(Dataset entries)
:::

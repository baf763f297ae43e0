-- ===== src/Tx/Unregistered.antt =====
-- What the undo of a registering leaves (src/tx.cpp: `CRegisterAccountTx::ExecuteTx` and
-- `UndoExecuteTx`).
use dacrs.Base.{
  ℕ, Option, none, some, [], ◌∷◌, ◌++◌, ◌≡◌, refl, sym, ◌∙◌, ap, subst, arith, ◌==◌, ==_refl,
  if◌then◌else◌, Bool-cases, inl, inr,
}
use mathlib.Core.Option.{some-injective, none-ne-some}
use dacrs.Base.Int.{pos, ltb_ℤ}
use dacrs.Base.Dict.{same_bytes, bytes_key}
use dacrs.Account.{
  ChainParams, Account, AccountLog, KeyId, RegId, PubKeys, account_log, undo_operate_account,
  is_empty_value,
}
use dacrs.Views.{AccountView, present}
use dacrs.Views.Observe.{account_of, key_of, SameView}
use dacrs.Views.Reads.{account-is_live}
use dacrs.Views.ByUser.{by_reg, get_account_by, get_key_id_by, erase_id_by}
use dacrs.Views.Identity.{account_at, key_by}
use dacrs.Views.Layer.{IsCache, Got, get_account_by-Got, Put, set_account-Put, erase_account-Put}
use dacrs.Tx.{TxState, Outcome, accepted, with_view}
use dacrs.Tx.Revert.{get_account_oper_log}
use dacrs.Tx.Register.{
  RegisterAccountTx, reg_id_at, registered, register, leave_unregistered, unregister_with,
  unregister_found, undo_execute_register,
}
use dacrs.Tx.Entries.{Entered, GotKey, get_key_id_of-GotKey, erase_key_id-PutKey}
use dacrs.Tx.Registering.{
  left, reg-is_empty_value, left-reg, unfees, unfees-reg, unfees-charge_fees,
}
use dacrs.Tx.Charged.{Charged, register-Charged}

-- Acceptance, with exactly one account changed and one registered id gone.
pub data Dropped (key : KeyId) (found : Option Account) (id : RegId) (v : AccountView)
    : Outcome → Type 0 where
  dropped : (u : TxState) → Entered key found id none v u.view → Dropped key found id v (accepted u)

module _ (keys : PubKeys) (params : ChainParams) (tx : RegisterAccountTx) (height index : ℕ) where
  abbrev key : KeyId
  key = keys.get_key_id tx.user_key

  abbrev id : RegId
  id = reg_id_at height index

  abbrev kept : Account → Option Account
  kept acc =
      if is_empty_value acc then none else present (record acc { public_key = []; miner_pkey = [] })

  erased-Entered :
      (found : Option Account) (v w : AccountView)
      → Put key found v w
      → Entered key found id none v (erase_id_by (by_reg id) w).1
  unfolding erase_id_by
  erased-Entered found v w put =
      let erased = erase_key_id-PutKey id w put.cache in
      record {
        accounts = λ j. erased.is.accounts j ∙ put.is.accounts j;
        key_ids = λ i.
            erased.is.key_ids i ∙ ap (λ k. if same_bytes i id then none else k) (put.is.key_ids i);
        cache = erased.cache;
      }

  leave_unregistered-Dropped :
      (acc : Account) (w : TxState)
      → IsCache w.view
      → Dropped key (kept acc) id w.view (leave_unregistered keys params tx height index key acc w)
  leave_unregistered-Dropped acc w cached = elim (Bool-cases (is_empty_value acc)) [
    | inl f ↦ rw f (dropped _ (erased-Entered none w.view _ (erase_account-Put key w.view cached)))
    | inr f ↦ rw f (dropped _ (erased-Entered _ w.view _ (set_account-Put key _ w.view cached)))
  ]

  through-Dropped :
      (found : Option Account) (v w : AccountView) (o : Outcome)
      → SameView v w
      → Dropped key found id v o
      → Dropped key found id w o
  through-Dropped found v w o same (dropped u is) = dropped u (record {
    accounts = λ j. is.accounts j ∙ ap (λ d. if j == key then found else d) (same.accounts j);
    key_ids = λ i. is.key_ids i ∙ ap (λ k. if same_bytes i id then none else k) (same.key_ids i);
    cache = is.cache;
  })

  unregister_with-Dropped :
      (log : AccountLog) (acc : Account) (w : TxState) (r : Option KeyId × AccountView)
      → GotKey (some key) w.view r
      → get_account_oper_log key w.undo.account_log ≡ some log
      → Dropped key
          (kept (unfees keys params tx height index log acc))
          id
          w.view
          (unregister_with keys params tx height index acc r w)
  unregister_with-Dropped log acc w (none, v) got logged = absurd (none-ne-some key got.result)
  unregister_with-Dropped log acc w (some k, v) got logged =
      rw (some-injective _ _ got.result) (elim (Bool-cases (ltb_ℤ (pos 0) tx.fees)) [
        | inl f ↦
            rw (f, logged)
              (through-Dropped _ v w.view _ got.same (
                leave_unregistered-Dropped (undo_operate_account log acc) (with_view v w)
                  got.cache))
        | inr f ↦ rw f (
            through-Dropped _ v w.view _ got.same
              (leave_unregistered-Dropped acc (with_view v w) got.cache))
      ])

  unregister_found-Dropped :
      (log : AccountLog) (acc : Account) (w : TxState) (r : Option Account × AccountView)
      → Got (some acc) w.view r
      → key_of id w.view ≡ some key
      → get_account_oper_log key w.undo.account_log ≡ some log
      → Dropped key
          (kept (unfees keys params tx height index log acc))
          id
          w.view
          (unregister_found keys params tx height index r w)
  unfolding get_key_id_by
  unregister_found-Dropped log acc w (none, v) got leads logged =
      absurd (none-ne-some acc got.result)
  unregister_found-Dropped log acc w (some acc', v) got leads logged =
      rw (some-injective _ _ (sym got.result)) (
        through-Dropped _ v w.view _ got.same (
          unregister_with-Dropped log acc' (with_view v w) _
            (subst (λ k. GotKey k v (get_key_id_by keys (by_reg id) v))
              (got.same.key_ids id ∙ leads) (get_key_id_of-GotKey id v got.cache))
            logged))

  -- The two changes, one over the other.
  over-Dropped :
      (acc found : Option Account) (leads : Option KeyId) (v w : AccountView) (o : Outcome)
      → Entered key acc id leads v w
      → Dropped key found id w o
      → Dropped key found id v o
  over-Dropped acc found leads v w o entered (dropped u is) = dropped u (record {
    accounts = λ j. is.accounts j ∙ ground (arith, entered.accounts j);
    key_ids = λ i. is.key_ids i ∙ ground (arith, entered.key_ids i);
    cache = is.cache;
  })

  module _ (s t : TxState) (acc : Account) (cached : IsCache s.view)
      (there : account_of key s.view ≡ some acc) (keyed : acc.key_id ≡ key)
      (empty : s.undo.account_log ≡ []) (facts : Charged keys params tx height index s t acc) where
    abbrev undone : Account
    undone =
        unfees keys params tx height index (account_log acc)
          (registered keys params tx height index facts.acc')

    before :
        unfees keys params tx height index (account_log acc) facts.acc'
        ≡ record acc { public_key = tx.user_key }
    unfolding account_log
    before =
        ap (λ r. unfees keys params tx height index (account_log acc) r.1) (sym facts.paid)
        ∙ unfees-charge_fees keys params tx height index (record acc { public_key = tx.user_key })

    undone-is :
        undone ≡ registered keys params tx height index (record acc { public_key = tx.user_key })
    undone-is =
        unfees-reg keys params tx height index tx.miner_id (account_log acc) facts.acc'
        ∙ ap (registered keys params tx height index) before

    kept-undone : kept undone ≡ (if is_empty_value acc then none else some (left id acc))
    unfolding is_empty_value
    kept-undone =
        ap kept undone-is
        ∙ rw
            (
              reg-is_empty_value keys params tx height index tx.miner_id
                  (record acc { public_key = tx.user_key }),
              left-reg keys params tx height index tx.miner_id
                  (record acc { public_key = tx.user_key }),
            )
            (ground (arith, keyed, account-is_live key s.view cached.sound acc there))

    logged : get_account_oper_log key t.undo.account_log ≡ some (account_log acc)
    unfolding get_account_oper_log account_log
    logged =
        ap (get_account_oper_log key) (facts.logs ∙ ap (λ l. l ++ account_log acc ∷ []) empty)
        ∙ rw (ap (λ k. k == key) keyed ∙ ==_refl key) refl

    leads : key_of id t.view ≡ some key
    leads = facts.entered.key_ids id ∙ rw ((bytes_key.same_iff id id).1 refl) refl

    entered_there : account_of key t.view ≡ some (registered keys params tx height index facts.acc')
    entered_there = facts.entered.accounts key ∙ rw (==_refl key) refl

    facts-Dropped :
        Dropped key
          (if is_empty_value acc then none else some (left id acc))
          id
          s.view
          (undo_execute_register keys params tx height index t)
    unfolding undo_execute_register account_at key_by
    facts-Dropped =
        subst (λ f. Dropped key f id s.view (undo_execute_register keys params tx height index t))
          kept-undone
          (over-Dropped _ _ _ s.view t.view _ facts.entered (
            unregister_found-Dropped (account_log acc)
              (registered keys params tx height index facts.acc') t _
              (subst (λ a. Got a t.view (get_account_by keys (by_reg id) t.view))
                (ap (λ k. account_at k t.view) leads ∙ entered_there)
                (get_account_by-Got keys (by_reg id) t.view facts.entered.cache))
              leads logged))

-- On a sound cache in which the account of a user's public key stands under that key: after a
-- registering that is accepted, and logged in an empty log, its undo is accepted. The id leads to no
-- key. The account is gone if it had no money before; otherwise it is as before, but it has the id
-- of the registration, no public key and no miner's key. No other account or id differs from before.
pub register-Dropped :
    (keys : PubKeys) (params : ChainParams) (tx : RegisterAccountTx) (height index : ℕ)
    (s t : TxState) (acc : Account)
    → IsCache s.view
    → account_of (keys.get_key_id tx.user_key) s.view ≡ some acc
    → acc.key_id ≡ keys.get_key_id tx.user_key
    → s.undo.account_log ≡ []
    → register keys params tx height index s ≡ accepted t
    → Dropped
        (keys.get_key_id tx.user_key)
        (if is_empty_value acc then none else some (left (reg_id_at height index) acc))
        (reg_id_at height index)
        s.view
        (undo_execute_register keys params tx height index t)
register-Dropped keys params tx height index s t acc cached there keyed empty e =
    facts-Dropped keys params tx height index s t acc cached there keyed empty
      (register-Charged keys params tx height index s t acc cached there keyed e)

:::

TASK INSTRUCTIONS =>
Above are the entries. Copy exactly the part that opens with the line containing "-- On a sound" and closes with the line containing "acc.key_id ≡ keys.get_key_id tx.user_key", and no more.

YOUR SOLUTION =>
-- On a sound cache in which the account of a user's public key stands under that key: after a
-- registering that is accepted, and logged in an empty log, its undo is accepted. The id leads to no
-- key. The account is gone if it had no money before; otherwise it is as before, but it has the id
-- of the registration, no public key and no miner's key. No other account or id differs from before.
pub register-Dropped :
    (keys : PubKeys) (params : ChainParams) (tx : RegisterAccountTx) (height index : ℕ)
    (s t : TxState) (acc : Account)
    → IsCache s.view
    → account_of (keys.get_key_id tx.user_key) s.view ≡ some acc
    → acc.key_id ≡ keys.get_key_id tx.user_key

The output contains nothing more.